You Can’t Sacrifice Partition Tolerance (2010) - xrorre
https://codahale.com/you-cant-sacrifice-partition-tolerance/
======
kerkeslager
Maybe I'm missing something, but it seems like this is basically just glossing
over this part:

> Some systems cannot be partitioned. Single-node systems (e.g., a monolithic
> Oracle server with no replication) are incapable of experiencing a network
> partition. But practically speaking these are rare;

I'm not sure how the writer came to the conclusion that these systems are
rare. The website I'm working on now has a single monolithic Postgres server,
and the majority of systems I've worked on connected to single monolithic
datastores, so at the very least these systems exist. These aren't
particularly _interesting_ examples, but when talking theoretically like with
the CAP theorem, you don't get to just ignore the rare or uninteresting cases.
These seem like relatively common examples of choosing CA.
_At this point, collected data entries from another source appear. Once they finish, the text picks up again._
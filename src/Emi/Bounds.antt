-- ===== src/Emi/Bounds.antt =====
-- Which messages the EMI readers take, and the ranges of what they read.
use bcusdk.Base.{
  ℕ, ◌+◌, ◌-◌, ◌≤◌, ◌<◌, ◌≡◌, ◌≢◌, ◌↔◌, refl, ap, false, none, some, List, length, drop,
  length-take, length-drop, All-take, All-drop, IsByte, IsBytes, IsWord, Bool-cases, inl, inr, at,
  at-IsByte, arith, ltb, ◌==◌, if◌then◌else◌, bit_and,
}
use bcusdk.Base.Bits.{shr, bit_and_7, bit_and_15}
use bcusdk.Lpdu.{LData, new_l_data}
use bcusdk.Emi.{has_extended_format, cemi_to_l_data, emi_to_l_data}

same_place : (a : ℕ) → 6 + (a + 2) ≡ a + 8
same_place a = omega arith

never_extended : (a b : ℕ) → has_extended_format a b ≡ false
never_extended a b = elim (Bool-cases (a == 0)) [ inl t ↦ rw t refl | inr t ↦ rw t refl ]

-- CEMI_to_L_Data takes a message exactly if it has at least as many bytes as its two lengths say,
-- whatever its control bytes hold: the test of the frame format refuses nothing.
pub cemi_to_l_data_taken :
    (c : List ℕ)
    → (cemi_to_l_data c ≢ none) ↔ ((2 ≤ length c) × (10 + at c 1 + at c (at c 1 + 8) ≤ length c))
unfolding cemi_to_l_data
cemi_to_l_data_taken c =
    let start = at c 1 + 2 in
    let place : at c (6 + start) ≡ at c (at c 1 + 8) = ap (at c) (same_place (at c 1)) in
    (
      λ h. ground (arith, place, never_extended (at c start) (at c (start + 1)), h),
      λ h e. ground (arith, place, never_extended (at c start) (at c (start + 1)), h, e),
    )

-- Every field is within its width, and the payload has 1 to 256 bytes.
pub record IsReadEmi (f : LData) : Type 0 where
  pub source : IsWord f.source
  pub dest : IsWord f.dest
  pub hopcount : f.hopcount < 8
  pub bytes : IsBytes f.payload
  pub some_bytes : 1 ≤ length f.payload
  pub size : length f.payload ≤ 256

-- What CEMI_to_L_Data reads from bytes has two addresses of 16 bits, a hop count of at most 7, and 1 to
-- 256 bytes of payload.
pub cemi_to_l_data-IsReadEmi :
    (c : List ℕ) (f : LData) → IsBytes c → cemi_to_l_data c ≡ some f → IsReadEmi f
unfolding cemi_to_l_data new_l_data
cemi_to_l_data-IsReadEmi c f b e =
    let start = at c 1 + 2 in
    let n = at c (6 + start) + 1 in
    ground (
      arith,
      at-IsByte c (6 + start) b,
      bit_and_7 (shr (at c (start + 1)) 4),
      length-take n (drop (start + 7) c),
      length-drop (start + 7) c,
      All-take IsByte n (drop (start + 7) c) (All-drop IsByte (start + 7) c b),
      e,
    )

-- The same of EMI_to_L_Data.
pub emi_to_l_data-IsReadEmi :
    (c : List ℕ) (f : LData)
    → IsBytes c
    → emi_to_l_data c ≡ some f
    → IsReadEmi f × (length f.payload ≤ 16)
unfolding emi_to_l_data new_l_data
emi_to_l_data-IsReadEmi c f b e =
    let len = bit_and (at c 6) 0x0f + 1 in
    let n = if ltb (length c - 7) len then length c - 7 else len in
    ground (
      arith,
      bit_and_15 (at c 6),
      bit_and_7 (shr (at c 6) 4),
      length-take n (drop 7 c),
      length-drop 7 c,
      All-take IsByte n (drop 7 c) (All-drop IsByte 7 c b),
      e,
    )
Of course, when you try to shard such databases, you're going to run into
serious problems.

I guess the claim I can credit to the author is that CA _really really really_
means _no partition tolerance_. _Even one network partition_ puts you in CP or
AP territory. But I don't think that means CA stores don't exist.

It may be that I'm just not understanding things correctly, though; the CAP
paper is definitely a challenging read for me.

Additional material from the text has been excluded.